Abstract

Research has shown that mind-wandering, negative mood, and poor wellbeing are closely related, stressing the importance of exploring contexts or tools that can stimulate positive thoughts and images. While music represents a promising option, work on this topic is still scarce with only a few studies published, mainly featuring laboratory or online music listening tasks. Here, I used the experience sampling method for the first time to capture mind-wandering during personal music listening in everyday life, aiming to test for the capacity of music to facilitate beneficial styles of mind-wandering and to explore its experiential characteristics.

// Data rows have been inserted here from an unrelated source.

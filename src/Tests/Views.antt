-- ===== src/Tests/Views.antt =====
-- The graph view at the sample: its jumps, redraws and similar groups.
use graph_slick.Base.{
  false, ℕ, ◌<◌, ◌≤◌, ◌≡◌, refl, true, some, Option, List, [], ◌∷◌, ◌++◌, arith, ℤ, pos,
}
use graph_slick.OrdMap.{find, erase, int_ord}
use graph_slick.Heap.{Addr, ok, fault}
use graph_slick.Graph.{combined, single, at, Event, jumped, GraphView, ◌>>◌}
use graph_slick.Graph.Select.{
  toggle_select_node, jump_to_next_selected, jump_to_next_node, step_cursor, next_of, flip_node,
}
use graph_slick.Graph.Jumps.{jumps, walked}
use graph_slick.Graph.Visits.{jumps_visit}
use graph_slick.Graph.Dangling.{toggle_select_node_dangles}
use graph_slick.Graph.Callback.{redraw}
use graph_slick.Graph.Redraw.{
  ShowsBlocks, ShowsGroups, redraw-ShowsGroups, redraw-ShowsBlocks, click_and_redraw, clicked_view,
  click_and_redraw-ShowsBlocks,
}
use graph_slick.Graph.Tidy.{IsTidy, click_node, jump, Reach, stop, act, Reach-IsTidy}
use graph_slick.Graph.Similar.{find_similar}
use graph_slick.Graph.SimilarGroups.{NoNull, Holds, with_new, find_similar_lem}
use graph_slick.Graph.Highlight.{find_and_highlight_nodes, is_match}
use graph_slick.Graph.Unmatched.{find_and_highlight_nodes_faults}
use graph_slick.Algo.Combined.{Tables}
use graph_slick.Tests.Edges.{looping, no_text, looping-AllReady}
use graph_slick.Tests.Sample.{sample, lookups, sg_cell}
use graph_slick.Tests.Graph.{sample_view}
use graph_slick.Tests.Drawn.{two_blocks, addresses}
use graph_slick.Tests.Colors.{thousandths}

-- the iterator at the second of three selected nodes
abbrev halfway : GraphView
halfway = record sample_view { it_selected_node = at (pos 2); refresh_mode = single }

jumps_visit_example :
    (n : ℕ) × (n ≤ 6)
    × ((v' : GraphView) × (jumps n halfway sample ≡ ok (tt, v') sample)
        × ((es : List Event) × (es' : List Event) × (v'.events ≡ es ++ jumped (pos 0) ∷ es')))
jumps_visit_example =
    jumps_visit halfway sample [] (pos 0) 8156589 ((pos 2, 8156589) ∷ (pos 3, 8156589) ∷ [])
      ((refl, (refl, tt)), ((refl, tt), (tt, tt)))
      ((pos 0, 8156589) ∷ [], (pos 2, 8156589) ∷ (pos 3, 8156589) ∷ [], refl, refl) refl

toggle_select_node_dangles_example :
    (toggle_select_node (pos 2) true >> jump_to_next_selected) halfway sample ≡ fault
unfolding find erase
toggle_select_node_dangles_example =
    toggle_select_node_dangles halfway sample (pos 2) 8156589 true refl refl refl

redraw-ShowsBlocks_example :
    (v' : GraphView) × (redraw addresses two_blocks halfway sample ≡ ok (tt, v') sample)
    × ShowsBlocks addresses two_blocks halfway v'
redraw-ShowsBlocks_example = redraw-ShowsBlocks addresses two_blocks halfway sample refl

click_and_redraw-ShowsBlocks_example :
    (v' : GraphView) × (click_and_redraw addresses two_blocks (pos 1) sample_view sample
      ≡ ok (tt, v') sample)
    × ShowsBlocks addresses two_blocks (clicked_view addresses two_blocks (pos 1) sample_view) v'
click_and_redraw-ShowsBlocks_example =
    click_and_redraw-ShowsBlocks addresses two_blocks sample_view sample (pos 1)

lookups-NoNull : NoNull lookups
unfolding find
lookups-NoNull nid loc e = ground (arith, e)

abbrev answer : List ℤ → Option (List (List ℤ))
answer l = some ((pos 1 ∷ pos 9 ∷ []) ∷ (pos 3 ∷ []) ∷ [])

find_similar_lem_example :
    (f : (Addr → Option (List Addr))) × (find_similar answer [] sample
      ≡ ok (some (9 ∷ 10 ∷ [])) (with_new sample f 11))
    × Holds lookups f 9 ((pos 1 ∷ pos 9 ∷ []) ∷ (pos 3 ∷ []) ∷ [])
    × ((q : Addr) → q < 9 → f q ≡ sample.ngs q)
find_similar_lem_example =
    find_similar_lem answer [] (pos 1 ∷ pos 9 ∷ []) ((pos 3 ∷ []) ∷ []) sample lookups-NoNull refl

abbrev one_by_one : GraphView
one_by_one = record sample_view { cur_view_mode = single }

abbrev grouped : GraphView
grouped = record sample_view { refresh_mode = combined }

redraw-ShowsGroups_example :
    (v' : GraphView) × (t : Tables) × (redraw no_text looping grouped sample ≡ ok (tt, v') sample)
    × ShowsGroups no_text looping grouped v' sample t
redraw-ShowsGroups_example =
    redraw-ShowsGroups no_text looping grouped sample refl ((sg_cell, refl), tt) looping-AllReady

abbrev asked : GraphView
asked = record sample_view { answers = some (b'x' ∷ []) ∷ [] }

find_and_highlight_nodes_faults_example :
    find_and_highlight_nodes thousandths 2 (λ s p. false) true asked sample ≡ fault
unfolding is_match
find_and_highlight_nodes_faults_example =
    find_and_highlight_nodes_faults thousandths 2 (λ s p. false) asked sample (b'x' ∷ []) [] refl
      ((sg_cell, refl, refl), tt)

halfway-IsTidy : IsTidy halfway
unfolding find
halfway-IsTidy = record {
  sorted = ((refl, (refl, tt)), ((refl, tt), (tt, tt)));
  usable = (_, refl);
}

abbrev jumped_once : GraphView
jumped_once = walked halfway (at (pos 3)) (jumped (pos 2) ∷ [])

abbrev clicked_then : GraphView
clicked_then = flip_node (pos 1) jumped_once (find (pos 1) jumped_once.selected_nodes)

jump_and_click : Reach sample halfway clicked_then
unfolding jump_to_next_selected jump_to_next_node step_cursor next_of toggle_select_node
jump_and_click =
    act {v1 = jumped_once} jump tt refl
      (act {v1 = clicked_then} (click_node (pos 1) true) (λ e. ground (arith, e)) refl stop)

Reach-IsTidy_example :
    IsTidy clicked_then
    × ((v'' : GraphView) × (jump_to_next_selected clicked_then sample ≡ ok (tt, v'') sample))
Reach-IsTidy_example = Reach-IsTidy sample halfway clicked_then halfway-IsTidy jump_and_click
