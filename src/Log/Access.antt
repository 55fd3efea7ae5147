-- ===== src/Log/Access.antt =====
-- Reading a log (rsm/log.py): `at`, `term_at`, `matches` and `slice`, on every branch.
use replicated_state_machine.Prelude.{
  ℕ, zero, suc, ◌+◌, ◌-◌, ◌≤◌, ◌<◌, ◌≡◌, refl, ◌⊎◌, inl, inr, true, false, Option, none, some,
  get_elem?, take, drop, drop-get_elem?, arith, min, Bool, if◌then◌else◌, ◌==◌, Bool-cases, ltb,
  leb→le, leb, ◌&&◌, ◌↔◌,
}
use replicated_state_machine.Errors.{ok, err, compacted, not_found}
use replicated_state_machine.Log.{
  Entry, Log, last_index, at, term_at, matches, collect, slice, holds, no_index,
}
use replicated_state_machine.Log.Shape.{Placed, last_index-eq, get_elem?-InPlace}

-- A held index is read, and the entry there carries that index.
pub at-held :
    (l : Log) (i : ℕ)
    → Placed l
    → l.snapshot_index < i
    → i ≤ last_index l
    → (e : Entry) × (at l i ≡ ok e)
      × (e.index ≡ i)
      × (get_elem? l.entries (i - (l.snapshot_index + 1)) ≡ some e)
unfolding at
at-held l i h lo hi =
    let (e, q, j) =
      get_elem?-InPlace l.snapshot_index (i - (l.snapshot_index + 1)) l.entries h
        (omega (arith, last_index-eq l h)) in
    (e, ground arith, omega arith, q)

-- An index lies inside the snapshot, past the end, or in the log, and `at` answers accordingly.
pub at_exact :
    (l : Log) (i : ℕ)
    → Placed l
    → ((i ≤ l.snapshot_index) × (at l i ≡ err compacted))
      ⊎ ((l.snapshot_index < i) × (last_index l < i) × (at l i ≡ err not_found))
      ⊎ ((holds l i ≡ true) × ((e : Entry) × (at l i ≡ ok e) × (e.index ≡ i)))
unfolding at holds
at_exact l i h = elim (Bool-cases (leb i l.snapshot_index)) [
  | inl p ↦ inl (ground arith, ground arith)
  | inr p ↦ elim (Bool-cases (ltb (last_index l) i)) [
    | inl q ↦ inr (inl (ground arith, ground arith, ground arith))
    | inr q ↦
        let (e, r, s, _) = at-held l i h (ground arith) (ground arith) in
        inr (inr (ground arith, (e, r, s)))
  ]
]

-- Between the snapshot and the end every index has a term.
pub term_at-total :
    (l : Log) (i : ℕ)
    → Placed l
    → l.snapshot_index ≤ i
    → i ≤ last_index l
    → (t : ℕ) × (term_at l i ≡ ok t)
unfolding term_at
term_at-total l i h lo hi = elim (Bool-cases (i == no_index)) [
  | inl z ↦ (0, ground arith)
  | inr z ↦ elim (Bool-cases (i == l.snapshot_index)) [
    | inl s ↦ (l.snapshot_term, ground arith)
    | inr s ↦ let (e, q, _, _) = at-held l i h (ground arith) hi in (e.term, ground arith)
  ]
]

-- The consistency check never raises on a log in shape.
pub matches-total : (l : Log) (i t : ℕ) → Placed l → (b : Bool) × (matches l i t ≡ ok b)
unfolding matches
matches-total l i t h = elim (Bool-cases (leb l.snapshot_index i && leb i (last_index l))) [
  | inl s ↦
      let (u, q) = term_at-total l i h (ground arith) (ground arith) in
      ((if i == no_index then true else (u == t)), ground arith)
  | inr s ↦ ((if i == no_index then true else false), ground arith)
]

-- The check passes exactly at the empty position, and where the log has the term asked for.
pub matches_iff :
    (l : Log) (i t : ℕ)
    → (matches l i t ≡ ok true)
      ↔ ((i ≡ 0) ⊎ ((l.snapshot_index ≤ i) × (i ≤ last_index l) × (term_at l i ≡ ok t)))
unfolding matches
matches_iff l i t = (λ m. passed m, λ c. ground arith)
  where
    passed :
        matches l i t ≡ ok true
        → (i ≡ 0) ⊎ ((l.snapshot_index ≤ i) × (i ≤ last_index l) × (term_at l i ≡ ok t))
    passed m = elim (Bool-cases (i == no_index)) [
      | inl z ↦ inl (ground arith)
      | inr z ↦ inr (ground arith, ground arith, ground arith)
    ]

-- The loop of `slice` reads a stretch of the entries.
collect-eq :
    (l : Log) (start count : ℕ)
    → Placed l
    → l.snapshot_index < start
    → count ≤ last_index l + 1 - start
    → collect l start count ≡ ok (take count (drop (start - (l.snapshot_index + 1)) l.entries))
unfolding collect
collect-eq l start zero h lo hi = refl
collect-eq l start (suc count) h lo hi =
    let (e, q, _, g) = at-held l start h lo (omega arith) in
    let k : suc start - (l.snapshot_index + 1) ≡ suc (start - (l.snapshot_index + 1)) =
      omega arith in
    rw q (
      rw (collect-eq l (suc start) count h (omega arith) (omega arith))
        (rw k (rw (drop-get_elem? (start - (l.snapshot_index + 1)) l.entries e g) refl)))

-- The index at which a slice ends.
abbrev pub slice_end : Log → Option ℕ → ℕ
slice_end l none = last_index l
slice_end l (some stop) = min stop (last_index l)

slice_refused :
    (l : Log) (start : ℕ) (stop : Option ℕ)
    → start ≤ l.snapshot_index
    → slice l start stop ≡ err compacted
unfolding slice
slice_refused l start stop p = ground arith

pub slice_held :
    (l : Log) (start : ℕ) (stop : Option ℕ)
    → Placed l
    → l.snapshot_index < start
    → slice l start stop
      ≡ ok (take (slice_end l stop + 1 - start) (drop (start - (l.snapshot_index + 1)) l.entries))
unfolding slice
slice_held l start none h p = ground (arith, collect-eq l start (last_index l + 1 - start) h p)
slice_held l start (some stop) h p =
    ground (arith, collect-eq l start (min stop (last_index l) + 1 - start) h p)

-- A slice from a position inside the snapshot is refused; any other is that stretch of the
-- entries, cut at the end of the log.
pub slice_exact :
    (l : Log) (start : ℕ) (stop : Option ℕ)
    → Placed l
    → ((start ≤ l.snapshot_index) × (slice l start stop ≡ err compacted))
      ⊎ ((l.snapshot_index < start)
          × (slice l start stop
              ≡ ok (
                  take
                    (slice_end l stop + 1 - start)
                    (drop (start - (l.snapshot_index + 1)) l.entries))))
slice_exact l start stop h = elim (Bool-cases (leb start l.snapshot_index)) [
  | inl p ↦ inl (leb→le _ _ p, slice_refused l start stop (leb→le _ _ p))
  | inr p ↦ let k : l.snapshot_index < start = ground arith in inr (k, slice_held l start stop h k)
]
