-- ===== src/Log/Agree.antt =====
-- rsm/log.py: `agree_up_to`, which finds how far two logs agree.
use replicated_state_machine.Prelude.{
  ℕ, zero, suc, ◌≤◌, ◌≡◌, refl, sym, ◌∙◌, min, true, not, ◌||◌, ◌==◌, if◌then◌else◌, arith, ==_refl,
  ==→eq, ap, subst, Bool-cases, inl, inr, ◌⊎◌,
}
use replicated_state_machine.Errors.{Result, ok, ◌>>=◌, >>=-inv, ok-injective}
use replicated_state_machine.Log.Shape.{Placed}
use replicated_state_machine.Log.Access.{term_at-total}
use replicated_state_machine.Log.{Log, last_index, holds, term_at, no_index}

-- the loop, from `index` down
unfoldable pub agree_from : Log → Log → ℕ → Result ℕ
agree_from left right zero = ok no_index
agree_from left right (suc k) =
    let rest = agree_from left right k in
    if not (holds left (suc k)) || not (holds right (suc k)) then rest else do
      one ← term_at left (suc k)
      two ← term_at right (suc k)
      if one == two then ok (suc k) else rest

unfoldable pub agree_up_to : Log → Log → Result ℕ
agree_up_to left right = agree_from left right (min (last_index left) (last_index right))

-- Both logs hold an entry of this term at this index.
pub record Shared (left right : Log) (index term : ℕ) : Type 0 where
  pub on_left : holds left index ≡ true
  pub on_right : holds right index ≡ true
  pub left_term : term_at left index ≡ ok term
  pub right_term : term_at right index ≡ ok term

agree_from-step :
    (left right : Log) (k : ℕ) {index : ℕ}
    → agree_from left right (suc k) ≡ ok index
    → ((index ≡ suc k) × ((term : ℕ) × Shared left right (suc k) term))
      ⊎ (agree_from left right k ≡ ok index)
unfolding agree_from
agree_from-step left right k q =
    elim (Bool-cases (not (holds left (suc k)) || not (holds right (suc k)))) [
      | inl skips ↦ inr (simp skips at q)
      | inr both ↦
          let (one, r, s) = >>=-inv (term_at left (suc k)) _ (simp both at q) in
          let (two, t, u) = >>=-inv (term_at right (suc k)) _ s in
          elim (Bool-cases (one == two)) [
            | inr differ ↦ inr (simp differ at u)
            | inl same ↦ inl (
              sym (ok-injective (simp same at u)),
              (
                one,
                record {
                  on_left = ground arith;
                  on_right = ground arith;
                  left_term = r;
                  right_term = t ∙ ap ok (sym (==→eq one two same));
                },
              ),
            )
          ]
    ]

pub agree_from-found :
    (left right : Log) (k index : ℕ)
    → agree_from left right k ≡ ok index
    → 1 ≤ index
    → (term : ℕ) × Shared left right index term
unfolding agree_from
agree_from-found left right zero index q pos =
    absurd (let e = ok-injective q in omega (arith, e, pos))
agree_from-found left right (suc k) index q pos = elim (agree_from-step left right k q) [
  | inl (e, (term, h)) ↦ (term, subst (λ i. Shared left right i term) (sym e) h)
  | inr r ↦ agree_from-found left right k index r pos
]

agree_from-here :
    (left right : Log) (k term : ℕ)
    → Shared left right (suc k) term
    → agree_from left right (suc k) ≡ ok (suc k)
unfolding agree_from
agree_from-here left right k term h =
    rw (h.on_left, h.on_right, h.left_term, h.right_term, ==_refl term) refl

pub agree_from-highest :
    (left right : Log) (k index j term : ℕ)
    → agree_from left right k ≡ ok index
    → 1 ≤ j
    → j ≤ k
    → Shared left right j term
    → j ≤ index
agree_from-highest left right zero index j term q pos le h = absurd (omega arith)
agree_from-highest left right (suc k) index j term q pos le h = elim (Bool-cases (j == suc k)) [
  | inl e ↦
      let at : j ≡ suc k = ==→eq j (suc k) e in
      let h' : Shared left right (suc k) term = subst (λ i. Shared left right i term) at h in
      let same : suc k ≡ index = ok-injective (sym (agree_from-here left right k term h') ∙ q) in
      omega arith
  | inr e ↦ elim (agree_from-step left right k q) [
    | inl (top, _) ↦ omega arith
    | inr r ↦ agree_from-highest left right k index j term r pos (ground arith) h
  ]
]

pub agree_from-total :
    (left right : Log) (k : ℕ)
    → Placed left
    → Placed right
    → (index : ℕ) × (agree_from left right k ≡ ok index)
unfolding agree_from holds
agree_from-total left right zero h g = (0, refl)
agree_from-total left right (suc k) h g =
    let (index, rest) = agree_from-total left right k h g in
    elim (Bool-cases (not (holds left (suc k)) || not (holds right (suc k)))) [
      | inl skips ↦ (index, rw skips rest)
      | inr both ↦
          let (one, r) = term_at-total left (suc k) h (ground arith) (ground arith) in
          let (two, t) = term_at-total right (suc k) g (ground arith) (ground arith) in
          elim (Bool-cases (one == two)) [
            | inl same ↦ (suc k, rw (both, r, t, same) refl)
            | inr differ ↦ (index, rw (both, r, t, differ) rest)
          ]
    ]

-- If two logs hold entries of one term at some index, then `agree_up_to` returns, without a raise,
-- the highest such index.
pub agree_up_to_highest :
    (left right : Log) (j term : ℕ)
    → Placed left
    → Placed right
    → 1 ≤ j
    → Shared left right j term
    → (index : ℕ) × (agree_up_to left right ≡ ok index)
      × (j ≤ index)
      × ((top : ℕ) × Shared left right index top)
unfolding agree_up_to holds
agree_up_to_highest left right j term h g pos shared =
    let bound = min (last_index left) (last_index right) in
    let (index, q) = agree_from-total left right bound h g in
    let l = shared.on_left in
    let r = shared.on_right in
    let le = agree_from-highest left right bound index j term q pos (ground (arith, l, r)) shared in
    (index, q, le, agree_from-found left right bound index q (omega arith))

Twenty-six participants used a smart-phone application that collected reports of thought, mood, and emotion during music listening or other daily-life activities over 10 days. The application was linked to a music playlist, specifically assembled to induce positive and relaxing emotions. Results showed that mind-wandering evoked during music and non-music contexts had overall similar characteristics, although some minor differences were also observed. Most importantly, music-evoked emotions predicted thought valence, thereby indicating music as an effective tool to regulate thoughts via emotion. These findings have important applications for music listening in daily life as well as for the use of music in health interventions.

Highlights

  • Music’s capability to influence ongoing conscious thought has not been systematically explored yet

  • The purpose of this study was to explore the prevalence and main characteristics of mind-wandering evoked during personal music listening in daily life and, in particular, its relationship with the emotions evoked by music

  • The difference in response-rates between music experience sample reports (M-ESRs) and non-music experience sample reports (NM-ESRs) is probably due to the fact that the music M-ESRs required more time commitment and attention from the participants compared with NM-ESRs, mostly due to the music listening “task”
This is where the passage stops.